Further insights are provided by the heatmaps in Fig. 14a-d, which reveal that increasing the polynomial degree once again leads to a marked improvement in performance. The R² values rise steadily from 80% to 100%, highlighting the significant role of polynomial complexity in optimizing the model’s fit. These results collectively emphasize the exceptional precision and reliability of the Bayesian Ridge Regressor in modelling both refractive index variations and angular dependencies, ensuring comprehensive coverage and dependable predictions throughout the studied parameter space.

Fig. 15
figure 15

Fabrication pathway of the tri-material metasurface sensor, showing sequential steps from substrate preparation and lithography to 2D material deposition and final structural characterization.

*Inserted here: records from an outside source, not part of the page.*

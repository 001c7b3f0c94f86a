-- ===== src/Capacity/Returns.antt =====
-- When `reconcile_allocations` (src/agentvm/host/capacity.py) returns.
use agent_vm.Base.{
  false, not, Bool, true, ◌||◌, List, [], ◌∷◌, ◌≡◌, ◌↔◌, refl, arith, All, Bool-cases, inl, inr,
}
use agent_vm.Python.Result.{Error, Result, ok, raise, >>=-eq-ok}
use agent_vm.Python.Dict.{Dict}
use agent_vm.Python.Lines.{is_empty}
use agent_vm.Python.Text.{Text}
use agent_vm.Python.Value.{Object}
use agent_vm.Capacity.{Allocation, CapacityManager}
use agent_vm.Python.Failing.{Raises, returns, raises}
use agent_vm.Capacity.Errors.{is_number_error, is_overflow, allocation_of-Raises, uncaught_lem}
use agent_vm.Capacity.Reconcile.{
  MetadataQueries, fetch_active_vms, vm_id_of, allocation_of, is_caught, record_allocation, add_vm,
  rebuild, reconcile_allocations,
}

-- Reading the numbers ends in an `OverflowError`, as it does at an infinite float.
abbrev pub overflows : Result Allocation → Bool
overflows (ok a) = false
overflows (raise error) = is_overflow error

-- The record has no id, or its numbers do not overflow.
unfoldable pub passes : Object → Bool
passes vm = is_empty (vm_id_of vm) || not (overflows (allocation_of vm))

caught_lem : (error : Error) → is_caught error ≡ true → is_overflow error ≡ false
caught_lem error h = ground arith

record_allocation-returns :
    (id : Text) (d : Dict Text Allocation) {r : Result Allocation}
    → Raises is_number_error r
    → ((d' : Dict Text Allocation) × (record_allocation id r d ≡ ok d'))
      ↔ (not (overflows r) ≡ true)
record_allocation-returns id d returns = (λ _. refl, λ _. (_, refl))
record_allocation-returns id d (raises {error} passed) = elim (Bool-cases (is_caught error)) [
  | inl caught ↦ rw (caught, caught_lem error caught) (λ _. refl, λ _. (d, refl))
  | inr uncaught ↦
      rw (uncaught, uncaught_lem error passed uncaught) (λ (_, h). absurd cc, λ h. absurd cc)
]

add_vm-returns :
    (vm : Object) (d : Dict Text Allocation)
    → ((d' : Dict Text Allocation) × (add_vm vm d ≡ ok d')) ↔ (passes vm ≡ true)
unfolding add_vm passes
add_vm-returns vm d = elim (Bool-cases (is_empty (vm_id_of vm))) [
  | inl nameless ↦ rw nameless (λ _. refl, λ _. (d, refl))
  | inr named ↦ rw named (record_allocation-returns (vm_id_of vm) d (allocation_of-Raises vm))
]

rebuild-passes :
    (vms : List Object) (d : Dict Text Allocation) {d' : Dict Text Allocation}
    → rebuild vms d ≡ ok d'
    → All (λ vm. passes vm ≡ true) vms
unfolding rebuild
rebuild-passes [] d h = tt
rebuild-passes (vm ∷ vms) d h =
    let (d₁, added, rest) = >>=-eq-ok (add_vm vm d) _ h in
    ((add_vm-returns vm d).0 (d₁, added), rebuild-passes vms d₁ rest)

rebuild-returns :
    (vms : List Object) (d : Dict Text Allocation)
    → All (λ vm. passes vm ≡ true) vms
    → (d' : Dict Text Allocation) × (rebuild vms d ≡ ok d')
unfolding rebuild
rebuild-returns [] d _ = (d, refl)
rebuild-returns (vm ∷ vms) d (pass, all) =
    let (d₁, added) = (add_vm-returns vm d).1 pass in rw added (rebuild-returns vms d₁ all)

-- Where the store's query returns active records, `reconcile_allocations` returns exactly where none of
-- them has both a non-empty id and numbers whose reading ends in an `OverflowError`.
pub reconcile_allocations-returns :
    (store : MetadataQueries) (m : CapacityManager) (vms : List Object)
    → fetch_active_vms store ≡ ok vms
    → ((m' : CapacityManager) × (reconcile_allocations store m ≡ ok m'))
      ↔ All (λ vm. passes vm ≡ true) vms
unfolding reconcile_allocations
reconcile_allocations-returns store m vms fetched = (
  λ (m', h).
      let (d, rebuilt, _) = >>=-eq-ok (rebuild vms []) _ (rw fetched at h) in
      rebuild-passes vms [] rebuilt,
  λ all.
      let (d, rebuilt) = rebuild-returns vms [] all in
      (record m { allocations = d }, rw (fetched, rebuilt) refl),
)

Finally, Fig. 15 presents a four-stage laboratory workflow for fabricating the proposed tri-material metasurface sensor. The process begins with the preparation of a silicon wafer coated with a thin silicon dioxide layer, which provides both stability and dielectric isolation. This cleaned and polished substrate ensures an ideal foundation for precise nanoscale patterning. Next, electron-beam lithography is employed to define intricate geometries such as the figure-eight, rectangular, and square resonators, enabling high-resolution nanoscale structuring on the wafer. Following lithography, the deposition of the three functional two-dimensional materials is carried out. MXene is coated on the figure-eight resonators, black phosphorus on the rectangular resonators, and graphene on the square resonators using controlled deposition and transfer techniques. After lift-off to remove excess coatings, a well-defined metasurface array is achieved. The final stage involves structural and compositional verification through advanced microscopy and spectroscopy methods, ensuring the correct integration of all materials. This systematic progression demonstrates how numerical designs transition into a practical device ready for optical and terahertz testing.

Conclusion

The proposed terahertz metamaterial sensor demonstrates a strong potential for advancing medical diagnostics through its integration of advanced materials, optimized resonator geometry, and machine learning analysis. Achieving a sensitivity of 395 GHz/RIU with R² > 0.95 for refractive index and protein biomarker detection, the design ensures reliable quantification relevant to brain tumor diagnosis. Its stable spectral response (FWHM = 0.037 THz) and high-quality factor (8.649–9.108) confirm precision, while tunability via graphene chemical potential offers application-specific adaptability. Additionally, machine learning further enhances predictive accuracy (R² ≈ 86% for refractive index and 96% for angular dependence), supporting potential real-time use. Future work should address low signal-to-noise ratios, incorporate clinical validation with real biomarkers, and explore surface functionalization strategies. Overall, this study provides a robust theoretical framework and a promising pathway toward practical, non-invasive neurological diagnostics.